Larson struggled to find his comfort zone early in the night, but he eventually figured out a style that worked best for him on the quarter-mile bullring.

“I was texting (driver) Brandon Overton after the heat race because I didn’t feel good at all then, and he’s really good everywhere really, but especially on this kind of surface,” Larson said. “He told me to take care of my tires when I got some laps in, but I just ran hard the whole time. I didn’t want to try and slow down and get caught trying to save too much.

“I feel like a lot of times in Late Models I always qualify good, win heats and start up front and start to take care of my stuff and just go backwards, so I just tried to run hard the whole time. I don’t know if benefitted me or not, but when the lanes got cleaned off I could get grip, and sometimes I’d miss it a little bit but my car felt good enough that I could stay up front … and I got real lucky with the cautions too.”

The first of the race’s seven cautions flew on lap six when Tyler Carpenter stopped with nose damage in turn four.

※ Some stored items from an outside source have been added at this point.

-- ===== src/Connect/Tracks.antt =====
-- state/tracks.rs: the previous and the next tracks.
mod Lists
mod Fill
mod Playing
mod Changing
unfoldable pub use Lists.*
unfoldable pub use Fill.*
unfoldable pub use Playing.*
unfoldable pub use Changing.*
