-- ===== src/Connect/Options.antt =====
-- state/options.rs, state/handle.rs, and `reset_playback_to_position` of state.rs: shuffling,
-- repeating, and going to a position. The random number generator is a parameter: what it draws for
-- each index, by the seed.
use squeezebox_radio_spotify.Connect.Context.{
  get_context, find_index_in_context, is_skip_track, reset_context, default_index,
  update_context_index,
}
use squeezebox_radio_spotify.Connect.State.{
  ◌>>◌, PlayerOptions, Act, ConnectState, restrictions_or_default, Track, current_track,
  ContextType, modify, options_or_default, Result, is_queue, update_restrictions, StateContext, err,
  ok, default_context, no_context, get_context_index, currently_disallowed, update_current_index,
  panic,
}
use squeezebox_radio_spotify.Connect.Text.{Text, with_entry, usize_mod, decimal}
use squeezebox_radio_spotify.Connect.Tracks.{
  set_repeat_track, set_current_track, fill_up_next_tracks, clear_next_tracks, clear_prev_track,
  set_prev, max_prev,
}
use squeezebox_radio_spotify.Prelude.{
  Bool, List, ℕ, Option, if◌then◌else◌, some, none, false, drop, take, ◌==◌, ◌∷◌, length, ◌||◌,
  bytes_eq, true, ◌-◌, ◌+◌, ◌%◌, codes, [], ◌^◌,
}
use squeezebox_radio_spotify.Shuffle.{shuffle_with_rng}

abbrev change_options : (PlayerOptions → PlayerOptions) → ConnectState → ConnectState
change_options f s = record s {
  player = record s.player { options = some (f (options_or_default s.player.options)) };
}

unfoldable pub set_repeat_context : Bool → ConnectState → ConnectState
set_repeat_context repeat = change_options λ o. record o { repeating_context = repeat }

unfoldable pub set_shuffle : Bool → ConnectState → ConnectState
set_shuffle shuffle = change_options λ o. record o { shuffling_context = shuffle }

unfoldable pub reset_options : ConnectState → ConnectState
unfolding set_repeat_context set_shuffle set_repeat_track
reset_options s = set_repeat_context false (set_repeat_track false (set_shuffle false s))

-- The first reason of a list, if it has one.
abbrev pub first_reason : List Text → Result (Unit {0})
first_reason [] = ok tt
first_reason (reason ∷ more) = err (currently_disallowed reason)

unfoldable pub validate_shuffle_allowed : Act (Unit {0})
validate_shuffle_allowed s =
    (first_reason (restrictions_or_default s.player.restrictions).disallow_toggling_shuffle, s)

-- The previous tracks of a position: the tracks before it, the last ten of them.
abbrev pub last_of : ℕ → List Track → List Track
last_of n tracks = drop (length tracks - n) tracks

-- `rev().skip(len - new_index)`, where the subtraction wraps around, as it does in a release build.
abbrev pub before : ℕ → List Track → List Track
before new_index tracks =
    take (length tracks - (length tracks + usize_mod - new_index) % usize_mod) tracks

unfoldable pub prev_of_position : ℕ → Act (Unit {0})
unfolding get_context
prev_of_position new_index s =
    if new_index == 0 then (ok tt, s) else elim (get_context s.active_context s) [
      | err e ↦ (err e, s)
      | ok c ↦ (ok tt, set_prev (last_of max_prev (before new_index c.tracks.vec)) s)
    ]

abbrev pub index_or_zero : Option ℕ → ℕ
index_or_zero none = 0
index_or_zero (some i) = i

-- The current track is kept where it is a queued one or the one with which shuffling began.
unfoldable pub track_of_position : ℕ → Act (Unit {0})
unfolding set_current_track is_skip_track
track_of_position new_index s =
    if is_queue (current_track s) || is_skip_track (current_track s) none s
    then (ok tt, s)
    else set_current_track new_index s

unfoldable pub reset_playback_to_position : Option ℕ → Act (Unit {0})
unfolding track_of_position prev_of_position fill_up_next_tracks clear_next_tracks
    update_restrictions update_context_index update_current_index
reset_playback_to_position position = do
  let new_index = index_or_zero position
  modify (update_current_index (new_index % 2 ^ 32))
  λ s. update_context_index s.active_context (new_index + 1) s
  modify λ s. record s { fill_up_context = s.active_context }
  track_of_position new_index
  modify clear_prev_track
  prev_of_position new_index
  modify clear_next_tracks
  fill_up_next_tracks
  modify update_restrictions

-- The first track of the default context that satisfies a test.
unfoldable pub find_default : (Track → Bool) → ConnectState → Result ℕ
unfolding find_index_in_context get_context
find_default f s = elim (get_context default_context s) [
  | err e ↦ err e
  | ok c ↦ find_index_in_context c f
]

unfoldable pub reset_to : Result ℕ → Act (Unit {0})
unfolding reset_playback_to_position
reset_to (err e) s = (err e, s)
reset_to (ok i) s = reset_playback_to_position (some i) s

-- Where the default context has a track.
unfoldable pub index_in_default : Track → ConnectState → Result ℕ
unfolding find_default
index_in_default t s = elim (get_context_index t) [
  | some i ↦ ok i
  | none ↦ find_default (λ u. bytes_eq u.uri t.uri) s
]

-- `handle_shuffle`, after the shuffle flag has been cleared.
unfoldable pub return_to : Option Track → Act (Unit {0})
unfolding reset_to index_in_default
return_to none s = (ok tt, s)
return_to (some t) s = reset_to (index_in_default t s) s

module _ (draws : ℕ → ℕ → ℕ) where
  -- The shuffled context, with what it was shuffled by; `none` is a panic.
  unfoldable pub shuffle_context : ℕ → Text → StateContext → Option StateContext
  shuffle_context seed initial c =
      elim (shuffle_with_rng (draws seed) (λ t. bytes_eq t.uri initial) c.tracks) [
        | none ↦ none
        | some tracks ↦ some (record c {
          tracks = tracks;
          metadata =
              with_entry (codes "shuffle_seed") (decimal seed)
                (with_entry (codes "initial_track") initial c.metadata);
        })
      ]

  unfoldable pub shuffle_default : ℕ → Text → Act (Unit {0})
  unfolding shuffle_context
  shuffle_default seed initial s = elim s.context [
    | none ↦ (err (no_context default_context), s)
    | some c ↦ elim (shuffle_context seed initial c) [
      | none ↦ (err panic, s)
      | some c' ↦ (ok tt, record s { context = some c' })
    ]
  ]

  unfoldable pub shuffle : ℕ → Text → Act (Unit {0})
  unfolding reset_context shuffle_default fill_up_next_tracks clear_next_tracks
  shuffle seed initial = do
    modify clear_prev_track
    modify clear_next_tracks
    reset_context default_index
    shuffle_default seed initial
    fill_up_next_tracks

  unfoldable pub shuffle_restore : ℕ → Text → Act (Unit {0})
  unfolding validate_shuffle_allowed shuffle
  shuffle_restore seed initial = do validate_shuffle_allowed; shuffle seed initial

  -- The seed is drawn as well.
  unfoldable pub shuffle_new : ℕ → Act (Unit {0})
  unfolding validate_shuffle_allowed shuffle
  shuffle_new seed = do validate_shuffle_allowed; λ s. shuffle seed (current_track s).uri s

  unfoldable pub handle_shuffle : Bool → ℕ → Act (Unit {0})
  unfolding set_shuffle shuffle_new return_to reset_context
  handle_shuffle true seed = do modify (set_shuffle true); shuffle_new seed
  handle_shuffle false seed = do
    modify (set_shuffle false)
    reset_context default_index
    λ s. return_to s.player.track s

-- A repeated context is filled up from itself.
abbrev pub fill_from_default : Bool → ContextType → ContextType
fill_from_default true ContextType.autoplay = default_context
fill_from_default repeat ty = ty

unfoldable pub handle_set_repeat_context : Bool → Act (Unit {0})
unfolding set_repeat_context reset_to find_default
handle_set_repeat_context repeat = do
  modify (set_repeat_context repeat)
  modify λ s. record s { fill_up_context = fill_from_default repeat s.fill_up_context }
  λ s. reset_to (find_default (λ t. bytes_eq (current_track s).uri t.uri) s) s
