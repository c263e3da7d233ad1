-- ===== src/Connect/Queue.antt =====
-- What the operations on the previous and the next tracks do.
pub mod Keeps
pub mod Filling
pub mod Loop
pub mod FillUp
pub mod Bounds
pub mod PopLast
pub mod Commands
pub mod Sessions
pub mod Upcoming
pub mod Refilling
pub mod Playing
pub mod InOrder
pub mod Adding
pub mod Returning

Larson and Sheppard narrowly escaped involvement in a turn-four incident on lap 14 that involved Daulton Wilson, Freddie Carpenter, Jacob Hawkins and Spencer Hughes, while seventh- and eighth-place runners Boom Briggs and Kyle Thomas ended up stopped in turn one on lap 15.

Additional slowdowns were displayed for Thomas slowing in turn four on lap 45; Tyler Erb’s flat tire on lap 53; Freddie Carpenter slowing on lap 74; and Wilson falling off the pace on lap 93.

Notes: Larson’s three previous Late Model victories this season came on April 26 at Eldora Speedway in Rossburg, Ohio (Castrol FloRacing Night in America), May 12 at The Dirt Track at Charlotte in Concord, N.C. (XR Super Series) and July 29 at Fairbury (PDC prelim). His two previous Lucas Oil Series wins came on Aug. 29, 2020, at Port Royal and Jan. 23, 2021, at All-Tech Raceway in Ellisville, Fla. … Larson became the 35th different winner in the 51 runnings of the Hillbilly 100, which was cancelled in both 2020 and ’21. … McCreadie led the first seven laps of the second heat race before losing a right-rear tire entering turn three on the final lap and limping across the finish line in second place; Boom Briggs snuck by him for the victory. … Ricky Thornton Jr. slapped the turn-three wall in the fourth heat but recovered to earn the final transfer position. … Three-time Hillbilly 100 victor Scott Bloomquist planned to compete Thursday but ran into trouble during the afternoon when his trailer slipped into a ditch several miles from the track. It took several hours for adequate tow truck to reach him; he arrived late to the track and never turned a lap. … Jared Hawkins saw his plans to enter the event were scrapped due to his car owner Tim Logan’s illness.